Among the Darbies
I do not believe in fatalism. I understand cause and effect and believe wholeheartedly that a decision as simple as whether or not to board a bus could very well change the entire course of your life. And yet: I cannot help but deny a certain untouchable defeatist element to existence.
And: yes, yes. I know. Everyone feels this way at some point: or else we wouldn’t have clichés about camels and straw; or laws like Murphy’s.
But it’s this precise realization that makes me so quick to wonder: why bother at all.
Imagine for a moment that you did everything to create a comfortable life for yourself: the life you wanted, even. But what if the harder you tried, the further that dream went away?
Just another classic case of Tantalus, you might say.
And I say this: I’m not talking about water and grapes. This is life: a vacant and meaningless existence treading dangerously close to an irretrievably crushed spirit.
Recently someone said he admired me because no matter what happened, nothing ever gets to my core.

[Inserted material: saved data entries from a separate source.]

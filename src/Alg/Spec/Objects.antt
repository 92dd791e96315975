-- ===== src/Alg/Spec/Objects.antt =====
-- What the handlers of an object's type and of its symmetric details make of a public area.
use tpm2_tools.Alg.Ids.{
  alg_rsa, alg_hmac, alg_aes, alg_xor, alg_null, alg_ecc, alg_symcipher, alg_camellia,
}
use tpm2_tools.Alg.Hashes.{one_of}
use tpm2_tools.Alg.Public.{Public, AlgParserRc, error, continue, done, or_default}
use tpm2_tools.Alg.Spec.{
  handle_sym_common, handle_rsa, handle_ecc, handle_aes, handle_camellia, handle_object, sym_bits,
  rsa_bits, ecc_curve, consumed, keyed_hash,
}
use tpm2_tools.Alg.Table.{flags_mode, flags_misc}
use tpm2_tools.Alg.{strtoalg}
use tpm2_tools.Base.Bytes.{Bytes}
use tpm2_tools.Base.Text.{codes, is_prefix, str_eq}
use tpm2_tools.Base.{
  ℕ, ◌+◌, Bool, true, false, [], ◌∷◌, Option, none, some, ◌==◌, drop, if◌then◌else◌, ◌≡◌, refl,
  arith,
}
use tpm2_tools.Errata.{ErrataInfo, tpm2_errata_fixup, spec_116_errata_2_7}
use tpm2_tools.Alg.Spec.Keys.{
  is_mode, strtoalg-is_mode, is_cipher, is_key, Yields, Any, Never, Key, Object,
}

sym_bits-cases :
    (ext : Bytes) (n : ℕ) → sym_bits ext ≡ some n → one_of (128 ∷ 192 ∷ 256 ∷ []) n ≡ true
sym_bits-cases ext n h = ground arith

rsa_bits-cases : (ext : Bytes) → one_of (1024 ∷ 2048 ∷ 3072 ∷ 4096 ∷ []) (rsa_bits ext).0 ≡ true
rsa_bits-cases ext = ground arith

ecc_curve-cases : (ext : Bytes) → one_of (1 ∷ 2 ∷ 3 ∷ 4 ∷ 5 ∷ []) (ecc_curve ext).0 ≡ true
ecc_curve-cases ext = ground arith

-- `handle_sym_common` changes the key size and the mode only, and sets both if it succeeds.
pub handle_sym_common-Yields :
    (P : Public → Type 0) (ext : Bytes) (p : Public)
    → ((bits mode : ℕ)
        → one_of (128 ∷ 192 ∷ 256 ∷ []) bits ≡ true
        → is_mode mode ≡ true
        → P (record p { sym_key_bits = bits; sym_mode = mode }))
    → Yields Any Never P (handle_sym_common ext p)
handle_sym_common-Yields P ext p k = unfold handle_sym_common in by_bits (sym_bits ext') refl
  where
    ext' : Bytes
    ext' = or_default (codes "128") ext

    mode : ℕ
    mode = strtoalg (or_default (codes "null") (drop 3 ext')) (flags_mode + flags_misc)

    set_both : ℕ → Public
    set_both bits = record p { sym_key_bits = bits; sym_mode = mode }

    by_mode :
        (bits : ℕ) (b : Bool)
        → (mode == 0) ≡ b
        → one_of (128 ∷ 192 ∷ 256 ∷ []) bits ≡ true
        → Yields Any Never P (if b then error else done, set_both bits)
    by_mode bits true e h = tt
    by_mode bits false e h =
        k bits mode h
          (strtoalg-is_mode (or_default (codes "null") (drop 3 ext')) (λ z. ground arith))

    by_bits :
        (o : Option ℕ)
        → sym_bits ext' ≡ o
        → Yields Any Never P (elim o [
          | none ↦ (error, p)
          | some bits ↦ (if mode == 0 then error else done, set_both bits)
        ])
    by_bits none e = tt
    by_bits (some bits) e = by_mode bits (mode == 0) refl (sym_bits-cases ext' bits e)

handle_rsa-Yields : (ext : Bytes) (p : Public) → Yields Any Object Never (handle_rsa ext p)
handle_rsa-Yields ext p =
    unfold handle_rsa in by_rest (rsa_bits text).0 (rsa_bits text).1 (rsa_bits-cases text)
  where
    text : Bytes
    text = or_default (codes "2048") ext

    by_rest :
        (bits : ℕ) (rest : Bytes)
        → one_of (1024 ∷ 2048 ∷ 3072 ∷ 4096 ∷ []) bits ≡ true
        → Yields Any Object Never
            (consumed rest, record p { type = alg_rsa; exponent = 0; key_bits = bits })
    by_rest bits [] h = ground arith
    by_rest bits (c ∷ rest) h = tt

handle_ecc-Yields : (ext : Bytes) (p : Public) → Yields Any Object Never (handle_ecc ext p)
handle_ecc-Yields ext p =
    unfold handle_ecc in by_rest (ecc_curve text).0 (ecc_curve text).1 (ecc_curve-cases text)
  where
    text : Bytes
    text = or_default (codes "256") ext

    by_rest :
        (curve : ℕ) (rest : Bytes)
        → one_of (1 ∷ 2 ∷ 3 ∷ 4 ∷ 5 ∷ []) curve ≡ true
        → Yields Any Object Never
            (consumed rest, record p { type = alg_ecc; kdf = alg_null; key_bits = curve })
    by_rest curve [] h = ground arith
    by_rest curve (c ∷ rest) h = tt

-- A symmetric key is a key.
cipher-Key :
    (p : Public) (bits mode : ℕ)
    → p.type ≡ alg_symcipher
    → is_cipher p ≡ true
    → one_of (128 ∷ 192 ∷ 256 ∷ []) bits ≡ true
    → is_mode mode ≡ true
    → Key (record p { sym_key_bits = bits; sym_mode = mode })
unfolding is_key
cipher-Key p bits mode t c b m = ground arith

module _ (E C D : Public → Type 0) where
  pub Yields-if :
      (b : Bool) (m n : AlgParserRc × Public)
      → Yields E C D m
      → Yields E C D n
      → Yields E C D (if b then m else n)
  Yields-if true m n h k = h
  Yields-if false m n h k = k

Yields-mono :
    (C C' D D' : Public → Type 0) (m : AlgParserRc × Public)
    → ((p : Public) → C p → C' p)
    → ((p : Public) → D p → D' p)
    → Yields Any C D m
    → Yields Any C' D' m
Yields-mono C C' D D' (error, p) f g h = tt
Yields-mono C C' D D' (continue, p) f g h = f p h
Yields-mono C C' D D' (done, p) f g h = g p h

-- An object is a key already, or one that waits for its scheme.
pub handle_object-Yields :
    (this : Option ErrataInfo) (object : Bytes) (p : Public)
    → Yields Any Object Key (handle_object this object p)
unfolding handle_object handle_aes handle_camellia
handle_object-Yields this object p =
    first (is_prefix (codes "rsa") object) _ _ (to_object _ (handle_rsa-Yields (drop 3 object) p)) (
      first (is_prefix (codes "ecc") object) _ _ (to_object _ (handle_ecc-Yields (drop 3 object) p))
        (first (is_prefix (codes "aes") object) _ _ (cipher (drop 3 object) aes refl refl) (
          first (is_prefix (codes "camellia") object) _ _
            (cipher (drop 8 object) camellia refl refl)
            (first (str_eq object (codes "hmac")) (continue, keyed_hash alg_hmac p) _ (ground arith)
              (first (str_eq object (codes "xor")) (continue, keyed_hash alg_xor p) _ (ground arith)
                (first (str_eq object (codes "keyedhash")) (done, keyed_hash alg_null p) (error, p)
                  (unfold is_key in ground arith) tt))))))
  where
    first :
        (name : Bool) (m n : AlgParserRc × Public)
        → Yields Any Object Key m
        → Yields Any Object Key n
        → Yields Any Object Key (if name then m else n)
    first = Yields-if Any Object Key

    aes : Public
    aes = record p {
      type = alg_symcipher;
      object_attributes = tpm2_errata_fixup this spec_116_errata_2_7 p.object_attributes;
      sym_algorithm = alg_aes;
    }

    camellia : Public
    camellia = record p { type = alg_symcipher; sym_algorithm = alg_camellia }

    to_object : (m : AlgParserRc × Public) → Yields Any Object Never m → Yields Any Object Key m
    to_object m h = Yields-mono Object Object Never Key m (λ q o. o) (λ q z. absurd z) h

    cipher :
        (ext : Bytes) (q : Public)
        → q.type ≡ alg_symcipher
        → is_cipher q ≡ true
        → Yields Any Object Key (handle_sym_common ext q)
    cipher ext q t c =
        Yields-mono Never Object Key Key (handle_sym_common ext q) (λ r z. absurd z) (λ r x. x)
          (handle_sym_common-Yields Key ext q (λ b m. cipher-Key q b m t c))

I appreciate what I consider to be a compliment, but I doubt its accuracy.
Because these things, little by little, are getting to me. And with so much of everything collapsing around me, I feel at times I have only myself to blame. And yet: I don’t know what I’ve done wrong. I don’t know what I could’ve done differently.
And so: day after day, these experiences tear at me from the inside. I try to heal old wounds and a new one arises; I stop one leak, and a bigger one begins.
But if I must be the girl who serves as a godmother – but never a parent – so be it. If I must be the girl who has to choose between backpacking across Scotland alone or not going at all, I will choose the former.
And yet: why it is come to this, I will never understand. These shelves of unwatched books; lists of “must see” movies and unseen vistas. Hopes and dreams that once seemed inevitable have somehow become insurmountable peaks.
They grow; they loom; they taunt. Fates approach in the distance; growing larger and larger, scissors poised before my string.
This is not the life I fought for. This is not the life I wanted.
This is the life that found me.
But tell me why – like Sisyphus – I scale the mountain all the same.